- YOUR OBJECTIVE: Filter this data down to the lines that hold "CoinState", and copy them.

- WORKING DATA:
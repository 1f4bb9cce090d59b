-- ===== src/Simulator/Tests.antt =====
-- Runs of crates/chia-sdk-test/src/simulator.rs on a small chain, and its theorems at those inputs. The
-- consensus code is replaced by one that reads a spend's outputs from its solution.
use chia_wallet_sdk.Prelude.{
  ℕ, zero, suc, ◌+◌, ◌*◌, ◌≡◌, ◌↔◌, refl, true, false, none, some, List, [], ◌∷◌, map, arith,
  contains, nat_eq, All, if◌then◌else◌,
}
use chia_wallet_sdk.Prelude.IndexMap.{IndexMap, IsMap, lookup, insert, extend, contains_key, values}
use chia_wallet_sdk.Protocol.{
  Bytes, Bytes32, Coin, CoinState, CoinSpend, SpendBundle, NewCoin, SpendConditions,
  ConsensusConstants, Result, ok, err, bytes32_from,
}
use chia_wallet_sdk.Simulator.{
  External, Simulator, with_seed, insert_coin, create_block, hint_coin, hinted_coins,
  lookup_puzzle_hashes,
}
use chia_wallet_sdk.Simulator.Transaction.{
  SimulatorError, new_transaction, plan_transaction, apply_plan, collect_changes, add_coins,
  add_coin, add_first_memo, removed_state, validate_removals, same_set, puzzle_solutions_of,
}
use chia_wallet_sdk.Simulator.Changes.{spend_at, IsFresh}
use chia_wallet_sdk.Simulator.Spends.{
  SpentFrom, new_transaction_spends, new_transaction_creates, new_transaction_keeps,
}
use chia_wallet_sdk.Simulator.Accepts.{
  Accepts, new_transaction_iff, new_transaction_double_spend, new_transaction_unknown,
}
use chia_wallet_sdk.Simulator.Hints.{contains-hinted_coins-new_transaction}
use chia_wallet_sdk.Simulator.Invariant.{LawfulIds, IsWf}
use chia_wallet_sdk.Simulator.Reach.{Step, Reach, Reach-IsWf}
use chia_wallet_sdk.Simulator.Lookups.{wanted, puzzle_hash_states_lem}

abbrev pad : ℕ → Bytes → Bytes
pad zero bytes = bytes
pad (suc n) bytes = 0 ∷ pad n bytes

abbrev pub id_of : Coin → Bytes32
id_of c = c.parent_coin_info * 1_000_000 + c.puzzle_hash * 1_000 + c.amount

-- Each pair of numbers of a solution is the puzzle hash and the amount of an output, which is hinted to
-- its puzzle hash.
abbrev outputs : Bytes → List NewCoin
outputs (ph ∷ amount ∷ rest) =
    record { puzzle_hash = ph; amount = amount; hint = some (pad 31 (ph ∷ [])) } ∷ outputs rest
outputs _ = []

abbrev conditions_of : CoinSpend → SpendConditions
conditions_of cs = record {
  coin_id = id_of cs.coin;
  parent_id = cs.coin.parent_coin_info;
  puzzle_hash = cs.coin.puzzle_hash;
  coin_amount = cs.coin.amount;
  create_coin = outputs cs.solution;
}

abbrev pub chain : External ℕ
chain = record {
  with_seed = λ seed. seed;
  fill = λ r. (r, r + 1);
  coin_id = id_of;
  validate_clvm_and_signature =
      λ bundle cost constants height. ok (map conditions_of bundle.coin_spends);
}

ids_ok :
    (spends : List CoinSpend)
    → All
        (λ spend.
          chain.coin_id (record {
            parent_coin_info = spend.parent_id;
            puzzle_hash = spend.puzzle_hash;
            amount = spend.coin_amount;
          })
          ≡ spend.coin_id)
        (map conditions_of spends)
ids_ok [] = tt
ids_ok (cs ∷ rest) = (refl, ids_ok rest)

pub chain-LawfulIds : LawfulIds chain
chain-LawfulIds bundle cost constants height spends e =
    let same : map conditions_of bundle.coin_spends ≡ spends = cc in
    rw (← same) (ids_ok bundle.coin_spends)

abbrev pub mainnet : ConsensusConstants
mainnet = record {
  genesis_challenge = 99;
  agg_sig_me_additional_data = 1;
  agg_sig_parent_additional_data = 2;
  agg_sig_puzzle_additional_data = 3;
  agg_sig_amount_additional_data = 4;
  agg_sig_puzzle_amount_additional_data = 5;
  agg_sig_parent_amount_additional_data = 6;
  agg_sig_parent_puzzle_additional_data = 7;
}

abbrev pub coin_a : Coin
coin_a = record { parent_coin_info = 5; puzzle_hash = 20; amount = 100 }

abbrev spend_of : Coin → Bytes → CoinSpend
spend_of c bytes = record { coin = c; puzzle_reveal = 1 ∷ []; solution = bytes }

abbrev bundle_of : List CoinSpend → SpendBundle
bundle_of spends = record { coin_spends = spends; aggregated_signature = [] }

-- One coin of puzzle hash 20, on a chain of one block.
pub start : Simulator ℕ
unfolding with_seed insert_coin
start = insert_coin chain (with_seed chain 7) coin_a

-- Pays 60 to puzzle hash 21 and 40 to puzzle hash 22.
abbrev pub payment : SpendBundle
payment = bundle_of (spend_of coin_a (21 ∷ 60 ∷ 22 ∷ 40 ∷ []) ∷ [])

abbrev payment_conditions : List SpendConditions
payment_conditions = map conditions_of payment.coin_spends

abbrev coin_b : Coin
coin_b = record { parent_coin_info = id_of coin_a; puzzle_hash = 21; amount = 60 }

-- The operations, open.
abbrev run : Simulator ℕ → SpendBundle → Result SimulatorError (IndexMap CoinState) × Simulator ℕ
unfolding new_transaction plan_transaction apply_plan collect_changes add_coins add_coin
    add_first_memo removed_state validate_removals same_set puzzle_solutions_of create_block lookup
    insert extend contains_key
run s bundle = new_transaction chain s bundle mainnet

abbrev states : Result SimulatorError (IndexMap CoinState) → IndexMap CoinState
states (ok m) = m
states (err e) = []

pub paid : Simulator ℕ
unfolding run start
paid = (run start payment).1

paid_height : paid.height ≡ 1
unfolding paid
paid_height = refl

accepted : (new_transaction chain start payment mainnet).0 ≡ ok (states (run start payment).0)
unfolding run start
accepted = refl

new_transaction_spends_example :
    (cs : CoinState) × (lookup
        (id_of coin_a)
        (new_transaction chain start payment mainnet).1.coin_states
      ≡ some (spend_at start.height cs))
    × SpentFrom chain start payment mainnet payment_conditions (id_of coin_a) cs
new_transaction_spends_example =
    new_transaction_spends chain start payment mainnet payment_conditions
      (states (run start payment).0) (id_of coin_a) refl accepted refl

new_transaction_creates_example :
    (cs : CoinState) × (lookup
        (id_of coin_b)
        (new_transaction chain start payment mainnet).1.coin_states
      ≡ some cs)
    × IsFresh chain start.height (id_of coin_b) cs
new_transaction_creates_example =
    new_transaction_creates chain start payment mainnet payment_conditions
      (states (run start payment).0) (id_of coin_b) refl accepted refl refl

new_transaction_keeps_example :
    lookup 77 (new_transaction chain start payment mainnet).1.coin_states
    ≡ lookup 77 start.coin_states
new_transaction_keeps_example =
    new_transaction_keeps chain start payment mainnet payment_conditions
      (states (run start payment).0) 77 refl accepted refl refl

new_transaction_iff_example :
    ((u : IndexMap CoinState) × ((new_transaction chain start payment mainnet).0 ≡ ok u))
    ↔ Accepts chain start payment mainnet payment_conditions
new_transaction_iff_example =
    new_transaction_iff chain start payment mainnet payment_conditions refl

new_transaction_double_spend_example :
    (e : SimulatorError) × (new_transaction chain paid payment mainnet ≡ (err e, paid))
unfolding paid
new_transaction_double_spend_example =
    new_transaction_double_spend chain paid payment mainnet payment_conditions (id_of coin_a)
      (record { coin = coin_a; spent_height = some 0; created_height = some 0 }) 0 refl refl refl
      refl

abbrev stray : SpendBundle
stray = bundle_of (spend_of (record { parent_coin_info = 6; puzzle_hash = 20; amount = 1 }) [] ∷ [])

new_transaction_unknown_example :
    (e : SimulatorError) × (new_transaction chain start stray mainnet ≡ (err e, start))
unfolding run start
new_transaction_unknown_example =
    new_transaction_unknown chain start stray mainnet (map conditions_of stray.coin_spends)
      6_020_001 refl refl refl refl

-- A coin that was hinted to puzzle hash 21 before the payment is forgotten, since the payment hints
-- another coin to it.
hinted_before : Simulator ℕ
unfolding start hint_coin
hinted_before = hint_coin start (id_of coin_a) 21

hinted_accepted :
    (new_transaction chain hinted_before payment mainnet).0
    ≡ ok (states (run hinted_before payment).0)
unfolding run hinted_before
hinted_accepted = refl

contains-hinted_coins-new_transaction_example :
    contains
      (hinted_coins (new_transaction chain hinted_before payment mainnet).1 21)
      (id_of coin_a)
    ≡ false
unfolding bytes32_from
contains-hinted_coins-new_transaction_example =
    contains-hinted_coins-new_transaction chain hinted_before payment mainnet payment_conditions
      (states (run hinted_before payment).0) 21 (id_of coin_a) refl hinted_accepted

paid-Reach : Reach chain paid
unfolding paid
paid-Reach =
    Reach.steps (Reach.steps (Reach.starts 7) (Step.inserts coin_a))
      (Step.transacts payment mainnet (omega arith))

Reach-IsWf_example : IsWf chain paid
Reach-IsWf_example = Reach-IsWf chain-LawfulIds paid-Reach

puzzle_hash_states_lem_example :
    (found : IndexMap CoinState) × (lookup_puzzle_hashes paid (21 ∷ []) true ≡ some (values found))
    × IsMap found
    × ((id : Bytes32)
        → lookup id found
          ≡ (if wanted paid (21 ∷ []) true id then lookup id paid.coin_states else none))
puzzle_hash_states_lem_example =
    puzzle_hash_states_lem chain paid (Reach-IsWf chain-LawfulIds paid-Reach) (21 ∷ []) true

- SOLUTION BELOW:
  Bytes, Bytes32, Coin, CoinState, CoinSpend, SpendBundle, NewCoin, SpendConditions,
abbrev run : Simulator ℕ → SpendBundle → Result SimulatorError (IndexMap CoinState) × Simulator ℕ
abbrev states : Result SimulatorError (IndexMap CoinState) → IndexMap CoinState
    (cs : CoinState) × (lookup
    (cs : CoinState) × (lookup
    ((u : IndexMap CoinState) × ((new_transaction chain start payment mainnet).0 ≡ ok u))
    (found : IndexMap CoinState) × (lookup_puzzle_hashes paid (21 ∷ []) true ≡ some (values found))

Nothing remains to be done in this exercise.